There are conflicting data in the literature regarding the association between factor V Leiden mutation, PT G20210A mutation, presence of HCC, previous abdominal surgery, and PVT in cirrhotic patients.[ In a meta-analysis comprising 1929 subjects with cirrhosis, factor V Leiden and PT G20210A mutations were associated with increased PVT risk in patients with cirrhosis.[ However, in a prospective study, which included 1243 adults with cirrhosis, there was no relationship between factor V Leiden and PT G20210A mutations and the development of PVT.[ We also did not find an association between factor V Leiden and PT G20210A mutations and PVT. The presence of HCC appears to be a risk factor for PVT.[ Although our cohort included 71 (43%) patients with HCC, there was no association between the presence of HCC and the presence of PVT. A study showed that only splenectomy caused the development of PVT, and other abdominal surgical interventions were not associated with PVT.[ Compatible with this study, in our study, none of the patients had splenectomy, and there was no association between previous abdominal surgery and PVT.

Another independent risk factor for PVT is the degree of thrombocytopenia, and this is also emphasized in the Baveno VII consensus report as patients with low platelet counts are at a higher risk of PVT.[ This seems paradoxical since a low platelet count should logically predispose to bleeding. As cirrhosis and portal hypertension progress, the resultant decrease in portal flow outweighs the protective effect of low platelet count against thrombosis, and the paradoxical finding of increased PVT with lower platelet counts may thus be related to decreased portal flows that occur with the progression of portal hypertension.[ In our study, thrombocytopenia was more common in patients who developed PVT (p=0.039), but it was not significant in the multivariable analysis.

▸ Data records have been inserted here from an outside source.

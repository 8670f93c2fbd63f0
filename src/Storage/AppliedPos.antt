-- ===== src/Storage/AppliedPos.antt =====
-- src/storage/index.rs: the file that holds the position up to which a collection is applied, two
-- slots written in turn. The checksum is a parameter, since `crc32fast` computes it.
pub mod Slots
pub mod Torn
pub mod Turns
pub mod Refine
mod Runs
use dewdb.Prelude.{
  ℕ, zero, suc, ◌+◌, ◌*◌, ◌%◌, ◌^◌, Bool, true, false, not, ◌||◌, List, [], ◌∷◌, ◌++◌, Bytes, all,
  leb, ◌==◌, if◌then◌else◌, length, take, drop, Option, none, some,
}
use dewdb.Storage.Frame.{to_le_bytes, from_le_bytes, slice}

abbrev pub pos_magic : ℕ
pos_magic = 1146113875

abbrev pub pos_slot : ℕ
pos_slot = 512

-- The bytes of the file, and the number of the last save.
pub record AppliedPos : Type 0 where
  pub file : Bytes
  pub seq : ℕ

pub data Slot : Type 0 where
  empty damaged : Slot
  written : (seq applied_lsn : ℕ) → Slot

-- The bytes of a record that its checksum covers.
unfoldable pub pos_body : ℕ → ℕ → Bytes
unfolding to_le_bytes
pos_body seq applied_lsn = to_le_bytes 4 pos_magic ++ to_le_bytes 8 seq ++ to_le_bytes 8 applied_lsn

unfoldable pub pos_encode : (Bytes → ℕ) → ℕ → ℕ → Bytes
unfolding pos_body to_le_bytes
pos_encode crc32 seq applied_lsn =
    pos_body seq applied_lsn ++ to_le_bytes 4 (crc32 (pos_body seq applied_lsn))

unfoldable pub pos_decode : (Bytes → ℕ) → Bytes → Slot
unfolding from_le_bytes
pos_decode crc32 bytes =
    if not (length bytes == pos_slot)
    then damaged
    else if all (λ byte. byte == 0) bytes
    then empty
    else if not (from_le_bytes (slice 0 4 bytes) == pos_magic)
    then damaged
    else if not (crc32 (slice 0 20 bytes) == from_le_bytes (slice 20 4 bytes))
    then damaged
    else written (from_le_bytes (slice 4 8 bytes)) (from_le_bytes (slice 12 8 bytes))

-- `max_by_key`, which keeps the last of equals, over the slots that are written.
unfoldable pub newest_written : Option (ℕ × ℕ) → List Slot → Option (ℕ × ℕ)
newest_written best [] = best
newest_written best (empty ∷ slots) = newest_written best slots
newest_written best (damaged ∷ slots) = newest_written best slots
newest_written none (written s l ∷ slots) = newest_written (some (s, l)) slots
newest_written (some (t, k)) (written s l ∷ slots) =
    newest_written (if leb t s then some (s, l) else some (t, k)) slots

unfoldable pub any_damaged : List Slot → Bool
any_damaged [] = false
any_damaged (empty ∷ slots) = any_damaged slots
any_damaged (damaged ∷ slots) = true
any_damaged (written s l ∷ slots) = any_damaged slots

-- The `match newest`; an error is `none`.
unfoldable pub found_or_damage : Option (ℕ × ℕ) → List Slot → Option (Option (ℕ × ℕ))
unfolding any_damaged
found_or_damage (some found) slots = some (some found)
found_or_damage none slots = if any_damaged slots then none else some none

-- An error is `none`.
unfoldable pub pos_newest : (Bytes → ℕ) → Bytes → Option (Option (ℕ × ℕ))
unfolding newest_written found_or_damage pos_decode
pos_newest crc32 file =
    let slots =
      pos_decode crc32 (slice 0 pos_slot file)
      ∷ pos_decode crc32 (slice pos_slot pos_slot file)
      ∷ [] in
    if length file == pos_slot * 2 then found_or_damage (newest_written none slots) slots else none

unfoldable pub zeros : ℕ → Bytes
zeros zero = []
zeros (suc n) = 0 ∷ zeros n

-- What `set_len` gives where there was no file.
unfoldable pub opened : Option Bytes → Bytes
unfolding zeros
opened none = zeros (pos_slot * 2)
opened (some file) = file

unfoldable pub pos_open : (Bytes → ℕ) → Option Bytes → Option AppliedPos
unfolding opened pos_newest
pos_open crc32 found = elim (pos_newest crc32 (opened found)) [
  | none ↦ none
  | some none ↦ some (record { file = opened found; seq = 0 })
  | some (some (seq, lsn)) ↦ some (record { file = opened found; seq = seq })
]

unfoldable pub pos_read : (Bytes → ℕ) → Option Bytes → Option (Option ℕ)
unfolding pos_newest
pos_read crc32 none = some none
pos_read crc32 (some file) = elim (pos_newest crc32 file) [
  | none ↦ none
  | some none ↦ some none
  | some (some (seq, lsn)) ↦ some (some lsn)
]

-- `seek` and `write_all`.
unfoldable pub write_at : ℕ → Bytes → Bytes → Bytes
write_at at bytes file = take at file ++ bytes ++ drop (at + length bytes) file

-- How the write of a record ends: all of it is in the file, or it tore and its slot holds other
-- bytes.
pub data SlotWrite : Type 0 where
  complete : SlotWrite
  torn : Bytes → SlotWrite

unfoldable pub slot_bytes : (Bytes → ℕ) → SlotWrite → ℕ → ℕ → Bytes
unfolding pos_encode
slot_bytes crc32 complete seq applied_lsn = pos_encode crc32 seq applied_lsn
slot_bytes crc32 (torn bytes) seq applied_lsn = bytes

unfoldable pub pos_save : (Bytes → ℕ) → SlotWrite → AppliedPos → ℕ → AppliedPos
unfolding slot_bytes write_at
pos_save crc32 end p applied_lsn =
    let seq = (p.seq + 1) % 2 ^ 64 in
    record {
      file = write_at (seq % 2 * pos_slot) (slot_bytes crc32 end seq applied_lsn) p.file;
      seq = seq;
    }

-- The file by what its two slots read as, with the number of the last save.
pub record PosSlots : Type 0 where
  pub first : Slot
  pub second : Slot
  pub seq : ℕ

-- The position that `read` gives; an error is `none`.
unfoldable pub read_slots : PosSlots → Option (Option ℕ)
unfolding newest_written found_or_damage
read_slots p =
    let slots = p.first ∷ p.second ∷ [] in
    elim (found_or_damage (newest_written none slots) slots) [
      | none ↦ none
      | some none ↦ some none
      | some (some (seq, lsn)) ↦ some (some lsn)
    ]

-- How a save leaves its slot: as it was, torn, or with its record.
pub data SlotEnd : Type 0 where
  untouched tears lands : SlotEnd

unfoldable pub slot_after : SlotEnd → ℕ → ℕ → Slot → Slot
slot_after untouched seq lsn s = s
slot_after tears seq lsn s = damaged
slot_after lands seq lsn s = written seq lsn

-- `save`, which counts also where it fails.
unfoldable pub save_slots : SlotEnd → ℕ → PosSlots → PosSlots
unfolding slot_after
save_slots end lsn p =
    let seq = (p.seq + 1) % 2 ^ 64 in
    if seq % 2 == 0
    then record { first = slot_after end seq lsn p.first; second = p.second; seq = seq }
    else record { first = p.first; second = slot_after end seq lsn p.second; seq = seq }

A new predictive model for PVT (PVT Risk Index score), which included 66 568 liver transplant candidates, was proposed recently. This model included NASH etiology, MELD score, moderate-to-severe ascites, and age as predictors of PVT and African American race as protective from PVT.[ In our study, the majority of patients (77%) fell into the intermediate risk category, and there was no association between the PVT Risk Index score and the presence of PVT. This might be due to the small sample size and lack of African American race in our cohort. This new PVT prediction score has not been prospectively validated. Additionally, the PVT Risk Index score included only moderate-to-severe ascites as a predictor of PVT; however, the history of variceal bleeding could be added to the model as it is known that the severity of portal hypertension is a major contributor to the development of PVT. Furthermore, thromboelastography could be another variable to add as a measure to evaluate the risk for bleeding or clotting in patients with cirrhosis.

Limitations of this study are that it was a small cohort, retrospective study and conducted in a single center.

Conclusion

In our study, in patients with cirrhosis, only the history of variceal bleeding independently predicted an increased risk of development of PVT. New predictive models and prevention strategies need to be developed in the future to prevent complications of PVT and reduce the mortality of LT patients.